When t>0 circuit will look like
enter image description here

And now i got for KVL i got

$$ E-U_L-U_R-U_C=0 $$
$$ E-Li_L'-\frac{i_L}{P}-\int\frac{i_L}{C}=0 $$
And now in need to do laplace transform.
$$ E-L(sI_L-i_L(0))-\frac{I_L}{P}- \frac{1}{C}*(\frac{1}{s}*I_L)=0$$
But now i got stuck here.

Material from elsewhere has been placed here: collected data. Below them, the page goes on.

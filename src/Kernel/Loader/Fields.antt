-- ===== src/Kernel/Loader/Fields.antt =====
-- The bytes of a word of 64 bits: they determine it and it determines them.
use mira_os.Base.{ℕ, ◌+◌, ◌^◌, ◌<◌, ◌≡◌, ap, ◌∙◌, sym, inl, inr, ◌==◌, ltb, ◌-◌, Bool-cases, arith}
use mira_os.Common.Memory.{Memory}
use mira_os.Kernel.Words.{read_u16, read_u32, read_u64}
use mira_os.Kernel.Pmm.Bitmap.{IsBytes}

module _ (m m' : Memory) where
  pub read_u64-agree :
      (a : ℕ) → ((i : ℕ) → i < 8 → m' (a + i) ≡ m (a + i)) → read_u64 m' a ≡ read_u64 m a
  unfolding read_u16 read_u32 read_u64
  read_u64-agree a same =
      let at : (x i : ℕ) → x ≡ a + i → i < 8 → m' x ≡ m x =
        λ x i e lt. ap m' e ∙ (same i lt ∙ sym (ap m e)) in
      omega (
        arith,
        at a 0 (omega arith) (omega arith),
        at (a + 1) 1 (omega arith) (omega arith),
        at (a + 2) 2 (omega arith) (omega arith),
        at (a + 2 + 1) 3 (omega arith) (omega arith),
        at (a + 4) 4 (omega arith) (omega arith),
        at (a + 4 + 1) 5 (omega arith) (omega arith),
        at (a + 4 + 2) 6 (omega arith) (omega arith),
        at (a + 4 + 2 + 1) 7 (omega arith) (omega arith),
      )

  module _ (bytes : IsBytes m) (bytes' : IsBytes m') where
    u16_bytes : (a : ℕ) → read_u16 m' a ≡ read_u16 m a → (m' a ≡ m a) × (m' (a + 1) ≡ m (a + 1))
    unfolding read_u16
    u16_bytes a e = (omega (arith, e, bytes a, bytes' a), omega (arith, e, bytes a, bytes' a))

    u16-bound : (a : ℕ) → (read_u16 m a < 2 ^ 16) × (read_u16 m' a < 2 ^ 16)
    unfolding read_u16
    u16-bound a = (omega (arith, bytes a, bytes (a + 1)), omega (arith, bytes' a, bytes' (a + 1)))

    u32_halves :
        (a : ℕ)
        → read_u32 m' a ≡ read_u32 m a
        → (read_u16 m' a ≡ read_u16 m a) × (read_u16 m' (a + 2) ≡ read_u16 m (a + 2))
    unfolding read_u32
    u32_halves a e = (omega (arith, e, u16-bound a), omega (arith, e, u16-bound a))

    u32-bound : (a : ℕ) → (read_u32 m a < 2 ^ 32) × (read_u32 m' a < 2 ^ 32)
    unfolding read_u32
    u32-bound a = (
      omega (arith, u16-bound a, u16-bound (a + 2)),
      omega (arith, u16-bound a, u16-bound (a + 2)),
    )

    u64_halves :
        (a : ℕ)
        → read_u64 m' a ≡ read_u64 m a
        → (read_u32 m' a ≡ read_u32 m a) × (read_u32 m' (a + 4) ≡ read_u32 m (a + 4))
    unfolding read_u64
    u64_halves a e = (omega (arith, e, u32-bound a), omega (arith, e, u32-bound a))

    four_bytes : (a x i : ℕ) → read_u32 m' a ≡ read_u32 m a → x ≡ a + i → i < 4 → m' x ≡ m x
    four_bytes a x i e at lt =
        let (low, high) = u32_halves a e in
        let (b0, b1) = u16_bytes a low in
        let (b2, b3) = u16_bytes (a + 2) high in
        let to : (y : ℕ) → x ≡ y → m' y ≡ m y → m' x ≡ m x =
          λ y eq h. ap m' eq ∙ (h ∙ sym (ap m eq)) in
        elim (Bool-cases (i == 0)) [
          | inl k0 ↦ to a (ground arith) b0
          | inr n0 ↦ elim (Bool-cases (i == 1)) [
            | inl k1 ↦ to (a + 1) (ground arith) b1
            | inr n1 ↦ elim (Bool-cases (i == 2)) [
              | inl k2 ↦ to (a + 2) (ground arith) b2
              | inr n2 ↦ to (a + 2 + 1) (ground arith) b3
            ]
          ]
        ]

    pub read_u64-byte : (a i : ℕ) → i < 8 → read_u64 m' a ≡ read_u64 m a → m' (a + i) ≡ m (a + i)
    read_u64-byte a i lt e =
        let (low, high) = u64_halves a e in
        elim (Bool-cases (ltb i 4)) [
          | inl first ↦ four_bytes a (a + i) i low (omega arith) (ground arith)
          | inr second ↦ four_bytes (a + 4) (a + i) (i - 4) high (ground arith) (ground arith)
        ]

Thanks in advance.

Best Answer

Assuming R1=5Ω ,

Initially, \$V_C\ + V_{R_1} = V_{R_2}\$. Since no current flows through C for \$t(0^-)\$ , \$i_{R_2}=1A\$. So, \$V_{R_2}=V_C=2V\$.

For \$t>0\$,

$$E=L\frac{di}{dt} + i\cdot R_1 + \frac{1}{C}\int i dt + V_C(0)$$

Taking Laplace Transform,

$$\frac{E}{s} = L(sI(s)-I_L(0)) + I(s) \cdot R_1 + \frac{1}{Cs}I(s) + \frac{V_C(0)}{s}$$

Here \$I_L(0) = 1A, V_C(0) = 2V\$

Rearranging,

$$\frac{E+LsI_L(0)-V_C(0)}{Ls^2 + s R_1 + \frac{1}{C} } = I(s)$$

Substitute the values and resolve into partial fractions and then take Inverse Transform to get the value of the current.

Edit:

The Laplace Inverse of 1/7 is 1/7δ(t), which is a function that takes the value 0 for all \$t\neq 0\$.